Depending on who you ask, there are basically two songs in Blondie’s catalog which could be considered their “signature hit.” The first is “Heart of Glass,” which we featured in a previous rewind. The other is “Call Me,” which hit the airwaves in 1980. Interestingly enough, both hits were something of an anomaly for the band.

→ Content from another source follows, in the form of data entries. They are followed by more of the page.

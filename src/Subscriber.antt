-- ===== src/Subscriber.antt =====
-- `Subscriber` of app/realtime/subscriber.py, over a pubsub of redis and the registry.
pub mod Channels
pub mod Recovery
pub mod Dispatch
pub mod Rounds
pub mod Life
pub mod Failed
mod Tests
use Prim.Native.String.{len, slice}
use text.Mathlib.Text.{starts_with}
use geo_device.Prelude.{
  ℕ, zero, suc, Bool, true, false, Option, none, some, List, [], ◌∷◌, map, String, ite, ◌≟◌,
  string_key, String_discrete, if◌then◌else◌,
}
use geo_device.Connection
use geo_device.Constants.{Bytes}
use geo_device.Errors.{Exn, redis_errors, queue_full}
use geo_device.Exec.{Exec, ok, raised, pure, raise, gets, modify, try_except, ◌>>=◌, ◌>>◌}
use geo_device.Pacing
use geo_device.Pacing.{Backoff}
use geo_device.Realtime.{alert_channel, alert_channel_prefix, position_channel}
use geo_device.Registry
use geo_device.Registry.{Objects, Connections, assign, users}

-- A message, its channel and data decoded.
pub record Message : Type 0 where
  pub channel : String
  pub payload : String

-- The pubsub of the redis client.
pub record PubSub (W : Type 0) : Type 0 where
  pub subscribe : List String → Exec W (Unit {0})
  pub unsubscribe : String → Exec W (Unit {0})
  pub get_message : Exec W (Option Message)
  pub sleep : ℕ → Exec W (Unit {0})
  pub aclose : Exec W (Unit {0})

-- The subscriber, the connection objects, and the world; `reading`: `_task` is not `None`.
pub record Hub (W : Type 0) : Type 0 where
  pub connections : Connections
  pub objects : Objects
  pub backoff : Backoff
  pub reading : Bool
  pub world : W

unfoldable pub on_world : {W A : Type 0} → Exec W A → Exec (Hub W) A
on_world m s = let (r, w) = m s.world in (r, record s { world = w })

-- `payload.removeprefix(…)`
unfoldable pub remove_prefix : String → String → String
remove_prefix s prefix = if starts_with s prefix then slice s (len prefix) (len s) else s

module _ {W : Type 0} (pubsub : PubSub W) where
  open pubsub use {subscribe, unsubscribe, get_message, aclose}

  -- Cancelling the task that reads and waiting for it do not raise.
  unfoldable pub start : Exec (Hub W) (Unit {0})
  unfolding on_world modify ◌>>=◌
  start = on_world (subscribe (position_channel ∷ [])) >> modify (λ s. record s { reading = true })

  unfoldable pub stop : Exec (Hub W) (Unit {0})
  unfolding on_world modify ◌>>=◌
  stop = modify (λ s. record s { reading = false }) >> on_world aclose

  -- The object `i` is the connection.
  unfoldable pub attach : ℕ → Exec (Hub W) (Unit {0})
  unfolding on_world pure Connection.start assign Registry.add alert_channel
  attach i s =
      let c = Connection.start (s.objects i) in
      let (connections, is_first) = Registry.add s.connections c.user_id i in
      let s' = record s { objects = assign s.objects i c; connections = connections } in
      if is_first then on_world (subscribe (alert_channel c.user_id ∷ [])) s' else (ok tt, s')

  close_object : ℕ → Hub W → Hub W
  unfolding Connection.close assign
  close_object i s = record s { objects = assign s.objects i (Connection.close (s.objects i)).0 }

  -- `close` is reached unless `unsubscribe` raises.
  unfoldable pub detach : ℕ → Exec (Hub W) (Unit {0})
  unfolding on_world pure modify close_object Registry.discard alert_channel ◌>>=◌
  detach i s =
      let user_id = (s.objects i).user_id in
      let (connections, is_last) = Registry.discard s.connections user_id i in
      let s' = record s { connections = connections } in
      ((if is_last then on_world (unsubscribe (alert_channel user_id)) else pure tt)
          >> modify (close_object i))
        s'

  unfoldable pub resubscribe : Exec (Hub W) (Unit {0})
  unfolding on_world pure try_except alert_channel users
  resubscribe s =
      try_except (on_world (subscribe (position_channel ∷ map alert_channel (users s.connections))))
        redis_errors (λ e. pure tt) s

-- What a delivery of the registry leaves; `none`: a `QueueFull` escaped.
abbrev delivered : {W : Type 0} → Option Objects → Exec (Hub W) (Unit {0})
delivered none s = (raised queue_full, s)
delivered (some objects) s = (ok tt, record s { objects = objects })

unfoldable pub dispatch : {W : Type 0} → Message → Exec (Hub W) (Unit {0})
unfolding remove_prefix Registry.broadcast Registry.send_to_user
dispatch message s =
    ite (message.channel ≟ position_channel)
      (delivered (Registry.broadcast s.connections s.objects message.payload false) s)
      (delivered
        (Registry.send_to_user s.connections s.objects
          (remove_prefix message.channel alert_channel_prefix) message.payload true)
        s)

abbrev dispatch_some : {W : Type 0} → Option Message → Exec (Hub W) (Unit {0})
dispatch_some none = pure tt
dispatch_some (some message) = dispatch message

module _ {W : Type 0} (pubsub : PubSub W) where
  open pubsub use {get_message, sleep}

  -- `self._backoff.sleep()`: the delay is set before the wait
  unfoldable pub back_off : Exec (Hub W) (Unit {0})
  unfolding on_world Pacing.sleep
  back_off s =
      let (backoff, delay) = Pacing.sleep s.backoff in
      on_world (sleep delay) (record s { backoff = backoff })

  -- The message of one round, with the back-off reset.
  unfoldable pub next_message : Exec (Hub W) (Option Message)
  unfolding on_world pure modify Pacing.reset ◌>>=◌
  next_message = do
    message ← on_world get_message
    modify (λ s. record s { backoff = Pacing.reset s.backoff })
    pure message

  -- One round of `_run`: an error of redis ends it, after a wait, with new subscriptions.
  unfoldable pub round : Exec (Hub W) (Unit {0})
  unfolding next_message back_off resubscribe dispatch pure try_except ◌>>=◌
  round = do
    message ←
        try_except next_message redis_errors (λ e. (back_off >> resubscribe pubsub) >> pure none)
    dispatch_some message

  -- The first `n` rounds of `_run`.
  unfoldable pub rounds : ℕ → Exec (Hub W) (Unit {0})
  unfolding round pure ◌>>=◌
  rounds zero = pure tt
  rounds (suc n) = round >> rounds n
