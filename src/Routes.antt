-- ===== src/Routes.antt =====
-- app/dependencies.py, app/realtime/dependencies.py and app/realtime/router.py: who may call, and
-- what a websocket's handler does.
pub mod Guards
pub mod Serving
mod Tests
use Prim.Native.String.{len}
use geo_device.Prelude.{
  ℕ, zero, suc, Bool, true, false, Option, none, some, String, ltb, ◌==◌, if◌then◌else◌, ite, ◌≟◌,
  string_key,
}
use geo_device.Connection.{new_connection}
use geo_device.Errors.{
  Exn, http_exception, websocket_exception, websocket_disconnect, cancelled_error,
}
use geo_device.Exec.{Exec, Result, ok, raised, pure, raise, lift, modify, try_except, ◌>>=◌, ◌>>◌}
use geo_device.Registry.{assign}
use geo_device.Subscriber.{PubSub, Hub, attach, detach}

abbrev pub max_id_length : ℕ
max_id_length = 64

abbrev pub or_blank : Option String → String
or_blank none = ""
or_blank (some s) = s

-- `strip` is `str.strip`.
module _ (strip : String → String) where
  unfoldable pub get_current_user : Option String → Result String
  get_current_user header =
      let user_id = strip (or_blank header) in
      if len user_id == 0
      then raised (http_exception 401 "X-User-ID header is required")
      else (if ltb max_id_length (len user_id)
          then raised (http_exception 401 "X-User-ID doesn't follow supported format")
          else ok user_id)

  -- `CLOSE_INVALID_USER` is 1008.
  unfoldable pub get_ws_user : Option String → Result String
  get_ws_user query =
      let resolved = strip (or_blank query) in
      if len resolved == 0
      then raised (websocket_exception 1008 "user_id query parameter is incorrect")
      else (if ltb max_id_length (len resolved)
          then raised (websocket_exception 1008 "user_id query parameter is incorrect")
          else ok resolved)

abbrev pub ws_disconnect_type : String
ws_disconnect_type = "websocket.disconnect"

abbrev pub is_websocket_disconnect : Exn → Bool
is_websocket_disconnect websocket_disconnect = true
is_websocket_disconnect _ = false

-- A websocket: its calls give the event loop to the other tasks, so they change the whole hub.
-- `receive` returns the type of the message.
pub record Websocket (W : Type 0) : Type 0 where
  pub accept : Exec (Hub W) (Unit {0})
  pub receive : Exec (Hub W) String

-- `Connection(websocket, user_id)`, as the object `i`
unfoldable pub connect : {W : Type 0} → ℕ → ℕ → String → Hub W → Hub W
unfolding new_connection assign
connect i queue_size user_id s = record s {
  objects = assign s.objects i (new_connection queue_size user_id);
}

module _ {W : Type 0} (pubsub : PubSub W) (websocket : Websocket W) where
  open websocket use {accept, receive}

  -- The loop, in a handler that the server cancels at the receive after the first `n`.
  unfoldable pub receive_until : ℕ → Exec (Hub W) (Unit {0})
  unfolding pure raise ◌>>=◌
  receive_until zero = raise cancelled_error
  receive_until (suc n) = do
    message_type ← receive
    ite (message_type ≟ ws_disconnect_type) (pure tt) (receive_until n)

  -- The `try` statement; an exception of `detach` takes the place of the one before.
  unfoldable pub serve : ℕ → ℕ → Exec (Hub W) (Unit {0})
  unfolding pure lift try_except receive_until detach ◌>>=◌
  serve n i s =
      let (r, s') = try_except (receive_until n) is_websocket_disconnect (λ e. pure tt) s in
      (detach pubsub i >> lift r) s'

  unfoldable pub stream_updates : ℕ → ℕ → ℕ → String → Exec (Hub W) (Unit {0})
  unfolding modify connect attach serve ◌>>=◌
  stream_updates n i queue_size user_id = do
    accept
    modify (connect i queue_size user_id)
    attach pubsub i
    serve n i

While “Heart of Glass” came under fire as too much of a disco hit for a band defining itself as punk/new wave, “Call Me” is more within Blondie’s wheelhouse, with sparse instrumentation and driving guitars and drums. However, ironically, “Call Me” didn’t show up on any of Blondie’s albums until nearly two decades after its release, having appeared originally on the soundtrack the 1980 film American Gigolo starring Richard Gere. When Stevie Nicks was unable to contribute a track to the film due to contract restrictions, disco producer Giorgio Moroder presented the music to Deborah Harry, who wrote the lyrics for it in a few hours’ time. The song topped the Billboard charts for six weeks, earned a Grammy nomination, and went on to be one of the band’s all-time best sellers, all without actually appearing on a Blondie album until the late 1990s (a remixed version for Once More Into the Bleach), and then again as a bonus cut on a reissue of Autoamerican in 2001. The Spanish version of the song also appeared on the Blonde and Beyond compilation record in 1993.
The original soundtrack cut of “Call Me” clocks at just over 8 minutes, while the radio and music video versions have a much shorter runtime. Enjoy!